→ What you have to do: Using the records below, give again exactly the lines from the line that contains "db₁ ← insert_auth_session row db" through the line that contains "unfoldable pub revoke_auth_session", both ends included, and only those.

→ Dataset records:
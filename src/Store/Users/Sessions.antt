-- ===== src/Store/Users/Sessions.antt =====
-- users.go: the login sessions of the users.
use device_management_platfo.Base.{
  ℕ, ◌*◌, ◌-◌, String, Bool, true, false, ◌&&◌, ◌||◌, not, ◌∷◌, ◌==◌, eqb, if◌then◌else◌, find,
  count, exists, update, delete, Result, ok, err, or_fail, require, ◌>>=◌, ◌>>◌,
}
use device_management_platfo.Store.Schema.{
  Db, User, AuthSession, active, revoked, is_active, Error, not_found, constraint, transaction,
  TextOrder, second,
}

-- UPDATE auth_sessions SET status='revoked' WHERE user_id=? AND status='active'
unfoldable pub revoke_user_sessions : String → Db → Db
revoke_user_sessions user_id db = record db {
  auth_sessions =
      update (λ a. a.user_id == user_id && is_active a.status) (λ a. record a { status = revoked })
        db.auth_sessions;
}

-- UPDATE mfa_challenges SET status='revoked' WHERE user_id=? AND status='active'
unfoldable pub revoke_user_challenges : String → Db → Db
revoke_user_challenges user_id db = record db {
  challenges =
      update (λ c. c.user_id == user_id && is_active c.status) (λ c. record c { status = revoked })
        db.challenges;
}

abbrev pub new_auth_session : String → String → String → String → ℕ → ℕ → AuthSession
new_auth_session session_id user_id token_hash csrf_hash expires_at now = record {
  id = session_id;
  user_id = user_id;
  token_hash = token_hash;
  csrf_hash = csrf_hash;
  status = active;
  expires_at = expires_at;
  created_at = now;
  last_seen_at = now;
}

-- INSERT INTO auth_sessions, with its keys.
unfoldable pub insert_auth_session : AuthSession → Db → Result Error Db
insert_auth_session row db = do
  require constraint (not (exists (λ a. a.id == row.id) db.auth_sessions))
  require constraint (not (exists (λ a. a.token_hash == row.token_hash) db.auth_sessions))
  require constraint (exists (λ u. u.id == row.user_id) db.users)
  ok (record db { auth_sessions = row ∷ db.auth_sessions })

unfoldable pub create_auth_session :
    String → String → String → String → ℕ → ℕ → Db → Db × Result Error AuthSession
unfolding insert_auth_session
create_auth_session session_id user_id token_hash csrf_hash expires_at now db = transaction db (do
  let row = new_auth_session session_id user_id token_hash csrf_hash expires_at now
  db₁ ← insert_auth_session row db
  user ← or_fail not_found (find (λ u. u.id == user_id) db₁.users)
  ok (db₁, row))

unfoldable pub touch_auth_session : String → ℕ → Db → Db
touch_auth_session session_id now db = record db {
  auth_sessions =
      update (λ a. a.id == session_id && is_active a.status) (λ a. record a { last_seen_at = now })
        db.auth_sessions;
}

unfoldable pub revoke_auth_session : String → Db → Db × Result Error (Unit {0})
revoke_auth_session token_hash db =
    let hit : AuthSession → Bool = λ a. a.token_hash == token_hash && is_active a.status in
    (
      record db {
        auth_sessions = update hit (λ a. record a { status = revoked }) db.auth_sessions;
      },
      if eqb (count hit db.auth_sessions) 0 then err not_found else ok tt,
    )

module _ (later : TextOrder) where
  unfoldable pub resolvable_auth : String → ℕ → Db → AuthSession → Bool
  resolvable_auth token_hash now db a =
      a.token_hash == token_hash
      && is_active a.status
      && later a.expires_at now
      && exists (λ u. u.id == a.user_id) db.users

  unfoldable pub resolve_auth_session : String → ℕ → Db → Result Error (AuthSession × User)
  resolve_auth_session token_hash now db = do
    session ← or_fail not_found (find (resolvable_auth token_hash now db) db.auth_sessions)
    user ← or_fail not_found (find (λ u. u.id == session.user_id) db.users)
    require not_found user.enabled
    ok (session, user)

  -- expires_at <= now, or revoked and not seen for a day.
  stale_auth : ℕ → AuthSession → Bool
  stale_auth now a =
      not (later a.expires_at now)
      || elim a.status [ revoked ↦ true | _ ↦ false ]
        && not (later a.last_seen_at (now - 24 * 3600 * second))

  -- The DELETEs, and the access sessions that the foreign key takes along.
  unfoldable pub cleanup_auth_sessions : ℕ → Db → Db × ℕ
  unfolding stale_auth
  cleanup_auth_sessions now db = (
    record db {
      challenges =
          delete (λ c. not (later c.expires_at now) || not (is_active c.status)) db.challenges;
      auth_sessions = delete (stale_auth now) db.auth_sessions;
      access_sessions =
          delete (λ s. exists (λ a. a.id == s.auth_session_id && stale_auth now a) db.auth_sessions)
            db.access_sessions;
    },
    count (stale_auth now) db.auth_sessions,
  )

→ Task answer:
  db₁ ← insert_auth_session row db
  user ← or_fail not_found (find (λ u. u.id == user_id) db₁.users)
  ok (db₁, row))

unfoldable pub touch_auth_session : String → ℕ → Db → Db
touch_auth_session session_id now db = record db {
  auth_sessions =
      update (λ a. a.id == session_id && is_active a.status) (λ a. record a { last_seen_at = now })
        db.auth_sessions;
}

unfoldable pub revoke_auth_session : String → Db → Db × Result Error (Unit {0})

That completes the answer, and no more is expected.